Poparcie dla Sojuszu znów stopniało - do 13%. A partia Leszka Millera spadła na trzecie miejsce, które dzieli z "antykomunistami" z PiS i LPR. Co gorsza, traci poparcie, choć podjęła walkę o odzyskanie elektoratu - pisze "Gazeta Wyborcza".

13.02.2004 | aktual.: 13.02.2004 07:08

Broni planu Hausnera, przerwała parlamentarną blokadę, podejmując negocjacje na temat naprawy finansów państwa z Platformą Obywatelską, "upomniała się o najbiedniejszych", odrzucając liberalne pomysły podatkowe PO. Millerowi i szefowi Klubu Parlamentarnego SLD Krzysztofowi Janikowi udało się też zdyscyplinować swoich posłów i zneutralizować wewnątrzpartyjną opozycję - jej nieformalny lider Józef Oleksy został ministrem i broni polityki rządu - stwierdza publicysta dziennika Wojciech Załuska.

Według niego, to wszystko jednak nie zostało przez wyborców docenione. Na wyobraźnię mocniej działa lęk przed hausnerowską polityką "potu i łez" oraz kolejne wpadki SLD: kłopoty z powołaniem nowego ministra skarbu, sądowy finał afery starachowickiej z udziałem byłych i obecnych polityków Sojuszu, kłopoty z prawem pomorskiego barona Jędykiewicza.

Pierwsze reakcje działaczy Sojuszu świadczą, że wraz z sondażem PBS do partii mogą wrócić stare spory - podkreśla Załuska.
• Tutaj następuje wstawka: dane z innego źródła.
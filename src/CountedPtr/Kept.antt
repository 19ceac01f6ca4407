-- ===== src/CountedPtr/Kept.antt =====
-- counted_ptr.h: every operation keeps the counts, over any sequence of them.
use librf.Prelude.{
  occ, ℕ, zero, suc, ◌+◌, ◌≤◌, ◌<◌, ◌≡◌, ◌≢◌, refl, subst, List, [], ◌∷◌, arith, size_mod, length,
  length-set, length-append, ◌==◌, set, inl, inr, Bool-cases,
}
use librf.CountedPtr.{
  Ptr, null, Heap, get, hold, drop, put, construct_null, construct_raw, construct_copy,
  construct_move, assign_copy, swap, reset, assign_move, unlock, lock,
}
use librf.CountedPtr.Count.{
  occ-set, Owes, IsCounted, hold-Owes, put-Owes, push-IsCounted, drop-IsCounted,
}

-- The operations, on variables `i` and `cp`.
pub data Action : Type 0 where
  constructs : Action
  adopts : (p : Ptr) → Action
  copies : (cp : ℕ) → Action
  moves : (cp : ℕ) → Action
  assigns : (i cp : ℕ) → Action
  assigns_moved : (i cp : ℕ) → Action
  swaps : (i cp : ℕ) → Action
  resets : (i : ℕ) → Action

unfoldable pub act : Heap → Action → Heap
unfolding construct_null construct_raw construct_copy construct_move assign_copy assign_move swap
    reset
act h constructs = construct_null h
act h (adopts p) = construct_raw h p
act h (copies cp) = construct_copy h cp
act h (moves cp) = construct_move h cp
act h (assigns i cp) = assign_copy h i cp
act h (assigns_moved i cp) = assign_move h i cp
act h (swaps i cp) = swap h i cp
act h (resets i) = reset h i

unfoldable pub acts : Heap → List Action → Heap
acts h [] = h
acts h (a ∷ rest) = acts (act h a) rest

-- The variables exist, and a bare pointer refers to a state that was not freed.
abbrev pub Allowed : Heap → Action → Type 0
Allowed h constructs = Unit
Allowed h (adopts p) = h.freed p ≡ 0
Allowed h (copies cp) = cp < length h.ptrs
Allowed h (moves cp) = cp < length h.ptrs
Allowed h (assigns i cp) = (i < length h.ptrs) × (cp < length h.ptrs)
Allowed h (assigns_moved i cp) = (i < length h.ptrs) × (cp < length h.ptrs)
Allowed h (swaps i cp) = (i < length h.ptrs) × (cp < length h.ptrs)
Allowed h (resets i) = i < length h.ptrs

abbrev pub AllowedAll : Heap → List Action → Type 0
AllowedAll h [] = Unit
AllowedAll h (a ∷ rest) = Allowed h a × AllowedAll (act h a) rest

pub occ-get : (p : Ptr) (ps : List Ptr) (i : ℕ) → i < length ps → occ p (get ps i ∷ []) ≤ occ p ps
occ-get p [] i lt = elim lt [ ]
occ-get p (q ∷ ps) zero lt = omega arith
occ-get p (q ∷ ps) (suc i) lt = ground (arith, occ-get p ps i (omega arith))

-- A state that a variable points to was not freed.
pub get-fresh :
    (h : Heap) (i : ℕ)
    → i < length h.ptrs
    → IsCounted h
    → get h.ptrs i ≢ null
    → h.freed (get h.ptrs i) ≡ 0
get-fresh h i lt v n =
    ground
      (arith, occ-get (get h.ptrs i) h.ptrs i lt, v.once (get h.ptrs i) n, v.dead (get h.ptrs i) n)

pub hold-ptrs : (h : Heap) (d : Ptr) → (hold h d).ptrs ≡ h.ptrs
unfolding hold lock
hold-ptrs h d = ground arith

pub drop-ptrs : (h : Heap) (d : Ptr) → (drop h d).ptrs ≡ h.ptrs
unfolding drop unlock
drop-ptrs h d = ground arith

pub reset-IsCounted : (h : Heap) (i : ℕ) → i < length h.ptrs → IsCounted h → IsCounted (reset h i)
unfolding reset
reset-IsCounted h i lt v = drop-IsCounted (put h i null) (get h.ptrs i) (put-Owes h null i lt v)

pub get-set_self : (ps : List Ptr) (i : ℕ) (v : Ptr) → i < length ps → get (set ps i v) i ≡ v
get-set_self [] i v lt = elim lt [ ]
get-set_self (p ∷ ps) zero v lt = refl
get-set_self (p ∷ ps) (suc i) v lt = get-set_self ps i v (omega arith)

get-set_ne : (ps : List Ptr) (i j : ℕ) (v : Ptr) → i ≢ j → get (set ps i v) j ≡ get ps j
get-set_ne [] i j v n = refl
get-set_ne (p ∷ ps) zero zero v n = absurd (n refl)
get-set_ne (p ∷ ps) zero (suc j) v n = refl
get-set_ne (p ∷ ps) (suc i) zero v n = refl
get-set_ne (p ∷ ps) (suc i) (suc j) v n = get-set_ne ps i j v (λ e. n (omega (arith, e)))

pub occ-swap :
    (p : Ptr) (ps : List Ptr) (i cp : ℕ)
    → i < length ps
    → cp < length ps
    → occ p (set (set ps i (get ps cp)) cp (get ps i)) ≡ occ p ps
occ-swap p ps i cp li lc = elim (Bool-cases (i == cp)) [
  | inl e ↦ ground (
    arith,
    occ-set p (get ps cp) ps i li,
    occ-set p (get ps i) (set ps i (get ps cp)) cp (omega (arith, lc, length-set ps i (get ps cp))),
    get-set_self ps i (get ps cp) li,
  )
  | inr e ↦ ground (
    arith,
    occ-set p (get ps cp) ps i li,
    occ-set p (get ps i) (set ps i (get ps cp)) cp (omega (arith, lc, length-set ps i (get ps cp))),
    get-set_ne ps i cp (get ps cp),
  )
]

pub length-swap : (h : Heap) (i cp : ℕ) → length (swap h i cp).ptrs ≡ length h.ptrs
unfolding swap
length-swap h i cp = omega (
  arith,
  length-set (set h.ptrs i (get h.ptrs cp)) cp (get h.ptrs i),
  length-set h.ptrs i (get h.ptrs cp),
)

pub swap-IsCounted :
    (h : Heap) (i cp : ℕ)
    → i < length h.ptrs
    → cp < length h.ptrs
    → IsCounted h
    → IsCounted (swap h i cp)
unfolding swap
swap-IsCounted h i cp li lc v = record {
  counted = λ p n. omega (arith, v.counted p n, occ-swap p h.ptrs i cp li lc);
  once = v.once;
  dead = λ p n f. omega (arith, v.dead p n f, occ-swap p h.ptrs i cp li lc);
  room = omega (
    arith,
    v.room,
    length-set (set h.ptrs i (get h.ptrs cp)) cp (get h.ptrs i),
    length-set h.ptrs i (get h.ptrs cp),
  );
}

pub act-IsCounted :
    (h : Heap) (a : Action)
    → Allowed h a
    → length h.ptrs + 2 < size_mod
    → IsCounted h
    → IsCounted (act h a)
unfolding act construct_null construct_raw construct_copy construct_move assign_copy assign_move
act-IsCounted h constructs w b v = push-IsCounted h null b v
act-IsCounted h (adopts p) w b v =
    push-IsCounted (hold h p) p (rw (hold-ptrs h p) b) (hold-Owes h p (λ n. w) v)
act-IsCounted h (copies cp) w b v =
    let p = get h.ptrs cp in
    push-IsCounted (hold h p) p (rw (hold-ptrs h p) b) (hold-Owes h p (get-fresh h cp w v) v)
act-IsCounted h (moves cp) w b v =
    push-IsCounted (put h cp null) (get h.ptrs cp) (omega (arith, b, length-set h.ptrs cp null))
      (put-Owes h null cp w v)
act-IsCounted h (assigns i cp) w b v =
    let p = get h.ptrs cp in
    let held = hold-Owes h p (get-fresh h cp w.1 v) v in
    elim (Bool-cases (cp == i)) [
      | inl e ↦ rw e v
      | inr e ↦ rw e (
          drop-IsCounted (put (hold h p) i p) (get h.ptrs i) (
            subst (λ ps. Owes (put (hold h p) i p) (get ps i)) (hold-ptrs h p)
              (put-Owes (hold h p) p i (rw (hold-ptrs h p) w.0) held)))
    ]
act-IsCounted h (assigns_moved i cp) w b v = elim (Bool-cases (cp == i)) [
  | inl e ↦ rw e v
  | inr e ↦ rw e (
      reset-IsCounted (swap h i cp) cp (rw (length-swap h i cp) w.1)
        (swap-IsCounted h i cp w.0 w.1 v))
]
act-IsCounted h (swaps i cp) w b v = swap-IsCounted h i cp w.0 w.1 v
act-IsCounted h (resets i) w b v = reset-IsCounted h i w v

pub act-length : (h : Heap) (a : Action) → length (act h a).ptrs ≤ length h.ptrs + 1
unfolding act construct_null construct_raw construct_copy construct_move assign_copy assign_move
    reset
act-length h constructs = omega (arith, length-append h.ptrs (null ∷ []))
act-length h (adopts p) = rw (hold-ptrs h p) (omega (arith, length-append h.ptrs (p ∷ [])))
act-length h (copies cp) =
    rw (hold-ptrs h (get h.ptrs cp)) (omega (arith, length-append h.ptrs (get h.ptrs cp ∷ [])))
act-length h (moves cp) =
    omega
      (arith, length-append (set h.ptrs cp null) (get h.ptrs cp ∷ []), length-set h.ptrs cp null)
act-length h (assigns i cp) =
    let p = get h.ptrs cp in
    elim (Bool-cases (cp == i)) [
      | inl e ↦ rw e (omega arith)
      | inr e ↦
          rw (e, drop-ptrs (put (hold h p) i p) (get h.ptrs i), hold-ptrs h p)
            (omega (arith, length-set h.ptrs i p))
    ]
act-length h (assigns_moved i cp) =
    let h' = swap h i cp in
    elim (Bool-cases (cp == i)) [
      | inl e ↦ rw e (omega arith)
      | inr e ↦
          rw (e, drop-ptrs (put h' cp null) (get h'.ptrs cp))
            (omega (arith, length-set h'.ptrs cp null, length-swap h i cp))
    ]
act-length h (swaps i cp) = omega (arith, length-swap h i cp)
act-length h (resets i) =
    rw (drop-ptrs (put h i null) (get h.ptrs i)) (omega (arith, length-set h.ptrs i null))

-- Whatever is done with the pointers to them, as long as the variables exist and no bare pointer to
-- a freed state is adopted: the count of every state is the number of variables that point to it, no
-- state is freed twice, and no variable points to a freed one. The count is an `intptr_t`, so there
-- are fewer variables than its range.
pub acts-IsCounted :
    (rest : List Action) (h : Heap)
    → AllowedAll h rest
    → length h.ptrs + length rest + 1 < size_mod
    → IsCounted h
    → IsCounted (acts h rest)
unfolding acts
acts-IsCounted [] h w b v = v
acts-IsCounted (a ∷ rest) h w b v =
    acts-IsCounted rest (act h a) w.1 (omega (arith, act-length h a))
      (act-IsCounted h a w.0 (omega arith) v)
Zaznacza on, że w przyszłym tygodniu posłowie wracają z politycznych ferii. Medialna burza przeniesie się do Sejmu. Wkrótce przekonamy się, jak sondażowe problemy wpłyną na dyscyplinę SLD podczas głosowania planu Hausnera. (PAP)

Źródło artykułu:PAP
Wybrane dla Ciebie
Komentarze (0)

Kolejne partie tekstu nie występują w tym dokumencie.